Abstract
Low-solubility compounds comprise nearly one third of all active pharmaceutical ingredients (APIs) in early development, and up to 70 % of oncology and anti-infective compounds. Spray-dried dispersions (SDDs) of low-solubility compounds using hydroxypropyl methylcellulose acetate succinate (HPMCAS) have proven particularly effective at enhancing oral bioavailability. They do so by (1) enhancing solubilized drug levels compared with crystalline drug, (2) enhancing the dissolution rate compared with crystalline drug, and (3) sustaining enhanced solubilized drug levels in intestinal milieu for a physiologically relevant time.
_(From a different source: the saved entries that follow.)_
-- ===== src/Spl/Parser/Expression/Comparison.antt =====
-- `parseComparison` of internal/spl/parser/parser.go against the grammar in `Grammar`.
use quetzalog.Base.{
  Bool, true, false, not, ◌&&◌, List, [], ◌∷◌, ◌++◌, Text, codes, some, ◌≡◌, refl, ap, sym, ◌∙◌,
  arith, Bool-cases, Option-cases, inl, inr, ok, Ends, Ends-bind, Ends-if, ◌>>=◌, append_assoc,
}
use quetzalog.Spl.Unicode.{Unicode}
use quetzalog.Spl.Lexer.{Token, TokenKind, is_keyword, is_name, is_op}
use quetzalog.Spl.Ast.{Expr, cmp, like}
use quetzalog.Spl.Parser.Expression.{
  cur, advance, peek1, comparison_op, value_of, is_comma, is_lparen, is_rparen, read_value,
  read_values, read_value_list, read_null, parse_name, parse_comparison,
}
use quetzalog.Spl.Parser.Expression.Grammar.{
  IsValues, one, another, IsNegation, plain, negated, IsComparison, compares, is_in, is_like,
  is_nothing, is_term, is_string, is_number, is_star, IsParsed,
}

-- A token that passes a test is no end of the tokens.
pub keyword-eq_cons :
    (u : Unicode) (ts : List Token) (word : Text)
    → is_keyword u (cur ts) word ≡ true
    → ts ≡ cur ts ∷ advance ts
unfolding cur advance is_keyword is_name
keyword-eq_cons u [] word h = cc
keyword-eq_cons u (t ∷ ts) word h = refl

op-eq_cons : (ts : List Token) → comparison_op (cur ts) ≡ true → ts ≡ cur ts ∷ advance ts
unfolding cur advance comparison_op is_op
op-eq_cons [] h = cc
op-eq_cons (t ∷ ts) h = refl

pub lparen-eq_cons : (ts : List Token) → is_lparen (cur ts).kind ≡ true → ts ≡ cur ts ∷ advance ts
unfolding cur advance is_lparen
lparen-eq_cons [] h = cc
lparen-eq_cons (t ∷ ts) h = refl

pub rparen-eq_cons : (ts : List Token) → is_rparen (cur ts).kind ≡ true → ts ≡ cur ts ∷ advance ts
unfolding cur advance is_rparen
rparen-eq_cons [] h = cc
rparen-eq_cons (t ∷ ts) h = refl

pub not-eq_false : {b : Bool} → not b ≡ false → b ≡ true
not-eq_false {b} h = ground arith

abbrev IsRead : List Token → Text × List Token → Type 0
IsRead ts p = (x : Token) × (value_of x x.kind ≡ some p.0) × (ts ≡ x ∷ p.1)

read_value-IsRead : (ts : List Token) → Ends (IsRead ts) (read_value ts)
unfolding read_value cur advance value_of
read_value-IsRead [] = tt
read_value-IsRead (t ∷ ts) = elim (Option-cases (value_of t t.kind)) [
  | inl e ↦ rw (e, Ends) tt
  | inr (v, e) ↦ rw (e, Ends) (t, e, refl)
]

abbrev AreRead : List Token → List Text × List Token → Type 0
AreRead ts p = (xs : List Token) × IsValues xs p.0 × (ts ≡ xs ++ p.1)

read_values-AreRead : (ts : List Token) → Ends (AreRead ts) (read_values ts)
unfolding read_values
read_values-AreRead [] = tt
read_values-AreRead (t ∷ []) = elim (Option-cases (value_of t t.kind)) [
  | inl e ↦ rw (e, Ends) tt
  | inr (v, e) ↦ rw (e, Ends) (t ∷ [], one t e, refl)
]
read_values-AreRead (t ∷ c ∷ ts) = elim (Option-cases (value_of t t.kind)) [
  | inl e ↦ rw (e, Ends) tt
  | inr (v, e) ↦
      rw (e, Ends)
        (elim (Bool-cases (is_comma c.kind)) [
          | inl comma ↦
              rw (comma, Ends)
                (Ends-bind (AreRead ts) _ (read_values ts) _ (read_values-AreRead ts)
                  (λ p h. (t ∷ c ∷ h.0, another t c e comma h.1, ap (λ r. t ∷ c ∷ r) h.2)))
          | inr other ↦ rw (other, Ends) (t ∷ [], one t e, refl)
        ])
]

module _ (u : Unicode) (t : Token) (name : t.kind ≡ TokenKind.name) (ts : List Token) where
  -- What `parse_name` returns is a predicate that begins with the name `t`.
  abbrev IsPredicate : Expr × List Token → Type 0
  IsPredicate = IsParsed (IsComparison u) (t ∷ ts)

  compares-IsPredicate :
      comparison_op (cur ts) ≡ true
      → Ends IsPredicate
          (read_value (advance ts) >>= λ (v, r). ok (cmp t.value (cur ts).value v, r))
  compares-IsPredicate o =
      Ends-bind (IsRead (advance ts)) IsPredicate (read_value (advance ts)) _
        (read_value-IsRead (advance ts))
        λ p (x, e, s). record {
          used = t ∷ cur ts ∷ x ∷ [];
          splits = ap (◌∷◌ t) (op-eq_cons ts o ∙ ap (◌∷◌ (cur ts)) s);
          moves = omega arith;
          derives = compares t (cur ts) x name o e refl;
        }

  like-IsPredicate :
      is_keyword u (cur ts) (codes "like") ≡ true
      → Ends IsPredicate (read_value (advance ts) >>= λ (v, r). ok (like t.value false v, r))
  like-IsPredicate w =
      Ends-bind (IsRead (advance ts)) IsPredicate (read_value (advance ts)) _
        (read_value-IsRead (advance ts))
        λ p (x, e, s). record {
          used = t ∷ cur ts ∷ x ∷ [];
          splits = ap (◌∷◌ t) (keyword-eq_cons u ts (codes "like") w ∙ ap (◌∷◌ (cur ts)) s);
          moves = omega arith;
          derives = is_like t (cur ts) x name w e refl;
        }

  null-IsPredicate :
      (w : Token) (negate : Bool) (ns rest : List Token)
      → is_keyword u w (codes "is") ≡ true
      → IsNegation u negate ns
      → ts ≡ w ∷ (ns ++ rest)
      → Ends IsPredicate (read_null u t.value negate rest)
  unfolding read_null
  null-IsPredicate w negate ns rest is n s =
      Ends-if IsPredicate (is_keyword u (cur rest) (codes "null")) _ _
        (λ h. record {
          used = t ∷ w ∷ (ns ++ (cur rest ∷ []));
          splits = ap (◌∷◌ t) (
              s
              ∙ ap (λ r. w ∷ (ns ++ r)) (keyword-eq_cons u rest (codes "null") h)
              ∙ ap (◌∷◌ w) (sym (append_assoc ns (cur rest ∷ []) (advance rest))));
          moves = omega arith;
          derives = is_nothing t w (cur rest) name is n h refl;
        })
        (λ _. tt)

  in-IsPredicate :
      (i : Token) (negate : Bool) (ns rest : List Token)
      → is_keyword u i (codes "in") ≡ true
      → IsNegation u negate ns
      → ts ≡ ns ++ (i ∷ rest)
      → Ends IsPredicate (read_value_list t.value negate rest)
  unfolding read_value_list
  in-IsPredicate i negate ns rest is n s =
      Ends-if IsPredicate (not (is_lparen (cur rest).kind)) _ _ (λ _. tt)
        λ l.
          Ends-bind (AreRead (advance rest)) IsPredicate (read_values (advance rest)) _
            (read_values-AreRead (advance rest))
            λ p (xs, e, s').
              Ends-if IsPredicate (not (is_rparen (cur p.1).kind)) _ _ (λ _. tt)
                λ r. record {
                  used = t ∷ (ns ++ (i ∷ cur rest ∷ (xs ++ (cur p.1 ∷ []))));
                  splits = simp append_assoc (
                      ap (◌∷◌ t) (
                        s
                        ∙ ap (λ r. ns ++ (i ∷ r))
                            (lparen-eq_cons rest (not-eq_false l)
                              ∙ ap (◌∷◌ (cur rest))
                                  (s' ∙ ap (◌++◌ xs) (rparen-eq_cons p.1 (not-eq_false r))))));
                  moves = omega arith;
                  derives =
                      is_in t i (cur rest) (cur p.1) name n is (not-eq_false l) e (not-eq_false r)
                        refl;
                }

  parse_name-IsPredicate : Ends IsPredicate (parse_name u t ts)
  unfolding parse_name
  parse_name-IsPredicate =
      Ends-if IsPredicate (comparison_op (cur ts)) _ _ compares-IsPredicate λ _.
        Ends-if IsPredicate (is_keyword u (cur ts) (codes "in")) _ _
          (λ h.
            in-IsPredicate (cur ts) false [] (advance ts) h plain
              (keyword-eq_cons u ts (codes "in") h))
          λ _.
            Ends-if IsPredicate
              (is_keyword u (cur ts) (codes "not") && is_keyword u (peek1 ts) (codes "in")) _ _
              (λ h.
                let (n, i) : (is_keyword u (cur ts) (codes "not") ≡ true)
                    × (is_keyword u (peek1 ts) (codes "in") ≡ true) =
                  ground arith in
                in-IsPredicate (peek1 ts) true (cur ts ∷ []) (advance (advance ts)) i
                  (negated (cur ts) n)
                  (keyword-eq_cons u ts (codes "not") n
                    ∙ ap (◌∷◌ (cur ts)) (keyword-eq_cons u (advance ts) (codes "in") i)))
              λ _.
                Ends-if IsPredicate (is_keyword u (cur ts) (codes "like")) _ _ like-IsPredicate λ _.
                  Ends-if IsPredicate (is_keyword u (cur ts) (codes "is")) _ _
                    (λ w.
                      Ends-if IsPredicate (is_keyword u (peek1 ts) (codes "not")) _ _
                        (λ n.
                          null-IsPredicate (cur ts) true (peek1 ts ∷ []) (advance (advance ts)) w
                            (negated (peek1 ts) n)
                            (keyword-eq_cons u ts (codes "is") w
                              ∙ ap (◌∷◌ (cur ts)) (keyword-eq_cons u (advance ts) (codes "not") n)))
                        (λ _.
                          null-IsPredicate (cur ts) false [] (advance ts) w plain
                            (keyword-eq_cons u ts (codes "is") w)))
                    (λ _. record {
                      used = t ∷ [];
                      splits = refl;
                      moves = omega arith;
                      derives = is_term t name refl;
                    })

pub parse_comparison-IsParsed :
    (u : Unicode) (t : Token) (kind : TokenKind) (ts : List Token)
    → t.kind ≡ kind
    → Ends (IsParsed (IsComparison u) (t ∷ ts)) (parse_comparison u t kind ts)
unfolding parse_comparison
parse_comparison-IsParsed u t TokenKind.name ts h = parse_name-IsPredicate u t h ts
parse_comparison-IsParsed u t TokenKind.string ts h = record {
  used = t ∷ [];
  splits = refl;
  moves = omega arith;
  derives = is_string t h refl;
}
parse_comparison-IsParsed u t TokenKind.number ts h = record {
  used = t ∷ [];
  splits = refl;
  moves = omega arith;
  derives = is_number t h refl;
}
parse_comparison-IsParsed u t TokenKind.star ts h = record {
  used = t ∷ [];
  splits = refl;
  moves = omega arith;
  derives = is_star t h refl;
}
parse_comparison-IsParsed u t _ ts h = tt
HPMCAS also has properties that promote solid-state kinetic stabilization of SDDs. These properties include: (1) a heterogeneous distribution of functional groups that interact with a broad range of chemical moieties; (2) a high glass transition temperature (T g), which limits mobility and stabilizes amorphous drug; and (3) relative hydrophobicity, which limits plasticization of the SDD when stored at high relative humidity (RH) or in the presence of residual solvent from the spray-drying process.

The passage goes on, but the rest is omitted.